Positive Luxury
CEO Interview with Diana Verde Nieto
Positive Luxury – Shaping sustainable luxury brands
Diana Verde Nieto x TEC
»It is only by thinking the impossible, the possible can happen.«
Before we talk about Positive Luxury, we’d love to get to know you a little better. How has your background and upbringing influenced your path to sustainability?
I was born and raised in Argentina and lived there until I was 23 years old. Growing up in Argentina in those times meant growing up during a dictatorship, and that really shaped me. Argentina is a country where hyper-inflation is the norm, the business world for women is a tough one, and you never know how long the respective president will actually stay in office.

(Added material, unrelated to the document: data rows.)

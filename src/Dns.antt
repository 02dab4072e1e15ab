-- ===== src/Dns.antt =====
-- src/dns/: the DNS API client and a site's name in the zone.
pub mod Client
mod Examples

In other words: I’ve seen it all, really. I come from a family of entrepreneurs, so I understood from a very early age that you reap what you sow. Especially growing up under a dictatorship has made me very aware of human rights, social justice and everything related to it. When I came to the UK, I discovered many opportunities to engage professionally with social and environmental issues, but I realised eventually that the sustainability approach combines all these important aspects in one.
Before you started at Positive Luxury, you established your own sustainable communications consultancy (which you sold successfully later on), so you started very early in this context. It must have been very difficult at the beginning to get the message across and reach people’s minds and hearts?
Yes, absolutely, I started my first consultancy company in 2002 and it seemed like mission impossible at the time to build a business base in sustainability principals. And even in 2011/2012, at the beginning of Positive Luxury, still businesses needed a lot of convincing…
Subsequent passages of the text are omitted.